> [Directions for this task]:
Word for word, give the entries back.

> [Supplied data]:

-- ===== src/SpeechArray/Reader/Stream.antt =====
-- A caller of `SpeechArrayRead` of speech/src/speecharray.c that reads again and again.
pub mod Front
pub mod Delivers
mod Tests
use program_learning.Prelude.{
  take-front, ℕ, zero, suc, ◌+◌, ◌-◌, ◌*◌, ◌/◌, ◌%◌, ◌≤◌, ◌<◌, ◌≡◌, ◌≢◌, refl, ap, ap₂, sym, ◌∙◌,
  Option, some, none, List, [], ◌∷◌, ◌++◌, arith, ◌>>=◌, length, take, drop, map, append_assoc,
  take-append-drop, length-take, length-drop, length-append, subst,
}
use program_learning.Prelude.Int.{ℤ, pos}
use program_learning.SpeechArray.Format.{samples}
use program_learning.SpeechArray.Skip.{Sounds}
use program_learning.SpeechArray.Samples.{
  IsPlain, mix, samples-mix, mix-front, IsPlain-front, IsPlain-behind, IsPlain-split, mix-split,
  drop-front,
}
use program_learning.SpeechArray.Reader.{Handle, bounded, read_size, speech_array_read}
use program_learning.SpeechArray.Reader.Plain.{
  Fails, stream, speech_array_read-delivers, speech_array_read-still,
}
use program_learning.SpeechArray.Reader.Steady.{Steady, read_size-words, bounded-len, Steady-Ready}

module _ {σ : Type 0} (pcm_read : σ → ℕ → ℤ × List ℕ × σ) where
  -- Calls for these lengths, one after the other: all that the caller gets. A refused length ends it.
  pub reads : ℕ → Handle → List ℕ → σ → Option (List ℕ × Handle × σ)
  reads fuel h [] dev = some ([], h, dev)
  reads fuel h (len ∷ lens) dev =
      speech_array_read pcm_read fuel (some h) len dev >>= λ (given, dev'). elim given [
        | none ↦ none
        | some d ↦
            reads fuel d.handle lens dev' >>= λ (out, h', dev''). some (d.buff ++ out, h', dev'')
      ]

  -- The device has a content, of which a read takes as many words as it asks for, after some refusals.
  pub record Streams (content : σ → List ℕ) (refusals : ℕ) : Type 0 where
    pub answers :
        (dev : σ) (w : ℕ)
        → 0 < w
        → w ≤ length (content dev)
        → (k : ℕ) × (dev' : σ) × (dev'' : σ) × Fails pcm_read (4 * w) k dev dev'
          × (k ≤ refusals)
          × (pcm_read dev' (4 * w) ≡ (pos 0, take w (content dev), dev''))
          × (content dev'' ≡ drop w (content dev))

  -- The words that the next call starts with.
  abbrev pub ahead : (σ → List ℕ) → Handle → ℕ → σ → List ℕ
  ahead content h p dev = take p h.buffer ++ content dev
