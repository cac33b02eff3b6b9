-- ===== src/SpeechArray/Reader/Stream/Front.antt =====
-- The buffer of `SpeechArrayRead` of speech/src/speecharray.c on a stream of whole samples.
use program_learning.Prelude.{
  take-front, ℕ, ◌+◌, ◌-◌, ◌*◌, ◌/◌, ◌≤◌, ◌≡◌, ap, sym, ◌∙◌, List, ◌++◌, arith, length, take, drop,
  append_assoc, take-append-drop, length-take, length-drop, length-append, subst,
}
use program_learning.SpeechArray.Format.{samples}
use program_learning.SpeechArray.Samples.{
  IsPlain, mix, samples-mix, mix-front, IsPlain-front, IsPlain-behind, drop-front,
}
use program_learning.SpeechArray.Reader.{Handle}
use program_learning.SpeechArray.Reader.Steady.{Steady}

-- What is in the buffer when `w` words of the content have arrived behind the `p` that were left.
module _ (h : Handle) (p half a : ℕ) (s : Steady h p half a) (content : List ℕ) (w m : ℕ)
    (room : p + w + 11 ≤ 2 * half) (there : w ≤ length content) (enough : m * 12 ≤ p + w) where
  abbrev front : List ℕ
  front = take p h.buffer ++ take w content

  abbrev tail : List ℕ
  tail = drop (p + length (take w content)) h.buffer

  pub arrived : length (take w content) ≡ w
  arrived = omega (arith, length-take w content)

  pub length-front : length front ≡ p + w
  length-front = omega (
    arith,
    length-append {0} (take p h.buffer) (take w content),
    length-take p h.buffer,
    s.buffer_size,
    arrived,
  )

  pub whole : front ++ drop w content ≡ take p h.buffer ++ content
  whole =
      append_assoc (take p h.buffer) (take w content) (drop w content)
      ∙ ap (λ l. take p h.buffer ++ l) (take-append-drop w content)

  pub plain : IsPlain m (take p h.buffer ++ content) → IsPlain m (front ++ tail)
  plain h' = IsPlain-behind tail m front (omega (arith, length-front)) (
      IsPlain-front (drop w content) m front (omega (arith, length-front))
        (subst (IsPlain m) (sym whole) h'))

  pub mixes :
      IsPlain m (take p h.buffer ++ content)
      → samples 0 (m * 12 / 12 * 12) (front ++ tail) ≡ mix m (take p h.buffer ++ content)
  mixes h' =
      ap (λ k. samples 0 k (front ++ tail)) {y = m * 12} (omega arith)
      ∙ samples-mix m (front ++ tail) (plain h')
      ∙ mix-front tail m front (omega (arith, length-front))
      ∙ sym (mix-front (drop w content) m front (omega (arith, length-front)))
      ∙ ap (mix m) whole

  pub remains :
      (b : List ℕ)
      → take (p + w - m * 12) b ≡ take (p + w - m * 12) (drop (m * 12) (front ++ tail))
      → take (p + w - m * 12) b ++ drop w content ≡ drop (m * 12) (take p h.buffer ++ content)
  remains b e =
      ap (λ l. l ++ drop w content)
        (e
          ∙ ap (take (p + w - m * 12))
              (drop-front tail (m * 12) front (omega (arith, length-front)))
          ∙ take-front (drop (m * 12) front) tail (p + w - m * 12)
              (omega (arith, length-drop (m * 12) front, length-front)))
      ∙ sym (drop-front (drop w content) (m * 12) front (omega (arith, length-front)))
      ∙ ap (drop (m * 12)) whole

> [Solution to this task]:
-- ===== src/SpeechArray/Reader/Stream.antt =====
-- A caller of `SpeechArrayRead` of speech/src/speecharray.c that reads again and again.
pub mod Front
pub mod Delivers
mod Tests
use program_learning.Prelude.{
  take-front, ℕ, zero, suc, ◌+◌, ◌-◌, ◌*◌, ◌/◌, ◌%◌, ◌≤◌, ◌<◌, ◌≡◌, ◌≢◌, refl, ap, ap₂, sym, ◌∙◌,
  Option, some, none, List, [], ◌∷◌, ◌++◌, arith, ◌>>=◌, length, take, drop, map, append_assoc,
  take-append-drop, length-take, length-drop, length-append, subst,
}
use program_learning.Prelude.Int.{ℤ, pos}
use program_learning.SpeechArray.Format.{samples}
use program_learning.SpeechArray.Skip.{Sounds}
use program_learning.SpeechArray.Samples.{
  IsPlain, mix, samples-mix, mix-front, IsPlain-front, IsPlain-behind, IsPlain-split, mix-split,
  drop-front,
}
use program_learning.SpeechArray.Reader.{Handle, bounded, read_size, speech_array_read}
use program_learning.SpeechArray.Reader.Plain.{
  Fails, stream, speech_array_read-delivers, speech_array_read-still,
}
use program_learning.SpeechArray.Reader.Steady.{Steady, read_size-words, bounded-len, Steady-Ready}

module _ {σ : Type 0} (pcm_read : σ → ℕ → ℤ × List ℕ × σ) where
  -- Calls for these lengths, one after the other: all that the caller gets. A refused length ends it.
  pub reads : ℕ → Handle → List ℕ → σ → Option (List ℕ × Handle × σ)
  reads fuel h [] dev = some ([], h, dev)
  reads fuel h (len ∷ lens) dev =
      speech_array_read pcm_read fuel (some h) len dev >>= λ (given, dev'). elim given [
        | none ↦ none
        | some d ↦
            reads fuel d.handle lens dev' >>= λ (out, h', dev''). some (d.buff ++ out, h', dev'')
      ]

  -- The device has a content, of which a read takes as many words as it asks for, after some refusals.
  pub record Streams (content : σ → List ℕ) (refusals : ℕ) : Type 0 where
    pub answers :
        (dev : σ) (w : ℕ)
        → 0 < w
        → w ≤ length (content dev)
        → (k : ℕ) × (dev' : σ) × (dev'' : σ) × Fails pcm_read (4 * w) k dev dev'
          × (k ≤ refusals)
          × (pcm_read dev' (4 * w) ≡ (pos 0, take w (content dev), dev''))
          × (content dev'' ≡ drop w (content dev))

  -- The words that the next call starts with.
  abbrev pub ahead : (σ → List ℕ) → Handle → ℕ → σ → List ℕ
  ahead content h p dev = take p h.buffer ++ content dev
repository cac33b02eff3b6b9
-- ===== src/SpeechArray/Reader/Stream/Front.antt =====
-- The buffer of `SpeechArrayRead` of speech/src/speecharray.c on a stream of whole samples.
use program_learning.Prelude.{
  take-front, ℕ, ◌+◌, ◌-◌, ◌*◌, ◌/◌, ◌≤◌, ◌≡◌, ap, sym, ◌∙◌, List, ◌++◌, arith, length, take, drop,
  append_assoc, take-append-drop, length-take, length-drop, length-append, subst,
}
use program_learning.SpeechArray.Format.{samples}
use program_learning.SpeechArray.Samples.{
  IsPlain, mix, samples-mix, mix-front, IsPlain-front, IsPlain-behind, drop-front,
}
use program_learning.SpeechArray.Reader.{Handle}
use program_learning.SpeechArray.Reader.Steady.{Steady}

-- What is in the buffer when `w` words of the content have arrived behind the `p` that were left.
module _ (h : Handle) (p half a : ℕ) (s : Steady h p half a) (content : List ℕ) (w m : ℕ)
    (room : p + w + 11 ≤ 2 * half) (there : w ≤ length content) (enough : m * 12 ≤ p + w) where
  abbrev front : List ℕ
  front = take p h.buffer ++ take w content

  abbrev tail : List ℕ
  tail = drop (p + length (take w content)) h.buffer

  pub arrived : length (take w content) ≡ w
  arrived = omega (arith, length-take w content)

  pub length-front : length front ≡ p + w
  length-front = omega (
    arith,
    length-append {0} (take p h.buffer) (take w content),
    length-take p h.buffer,
    s.buffer_size,
    arrived,
  )

  pub whole : front ++ drop w content ≡ take p h.buffer ++ content
  whole =
      append_assoc (take p h.buffer) (take w content) (drop w content)
      ∙ ap (λ l. take p h.buffer ++ l) (take-append-drop w content)

  pub plain : IsPlain m (take p h.buffer ++ content) → IsPlain m (front ++ tail)
  plain h' = IsPlain-behind tail m front (omega (arith, length-front)) (
      IsPlain-front (drop w content) m front (omega (arith, length-front))
        (subst (IsPlain m) (sym whole) h'))

  pub mixes :
      IsPlain m (take p h.buffer ++ content)
      → samples 0 (m * 12 / 12 * 12) (front ++ tail) ≡ mix m (take p h.buffer ++ content)
  mixes h' =
      ap (λ k. samples 0 k (front ++ tail)) {y = m * 12} (omega arith)
      ∙ samples-mix m (front ++ tail) (plain h')
      ∙ mix-front tail m front (omega (arith, length-front))
      ∙ sym (mix-front (drop w content) m front (omega (arith, length-front)))
      ∙ ap (mix m) whole

  pub remains :
      (b : List ℕ)
      → take (p + w - m * 12) b ≡ take (p + w - m * 12) (drop (m * 12) (front ++ tail))
      → take (p + w - m * 12) b ++ drop w content ≡ drop (m * 12) (take p h.buffer ++ content)
  remains b e =
      ap (λ l. l ++ drop w content)
        (e
          ∙ ap (take (p + w - m * 12))
              (drop-front tail (m * 12) front (omega (arith, length-front)))
          ∙ take-front (drop (m * 12) front) tail (p + w - m * 12)
              (omega (arith, length-drop (m * 12) front, length-front)))
      ∙ sym (drop-front (drop w content) (m * 12) front (omega (arith, length-front)))
      ∙ ap (drop (m * 12)) whole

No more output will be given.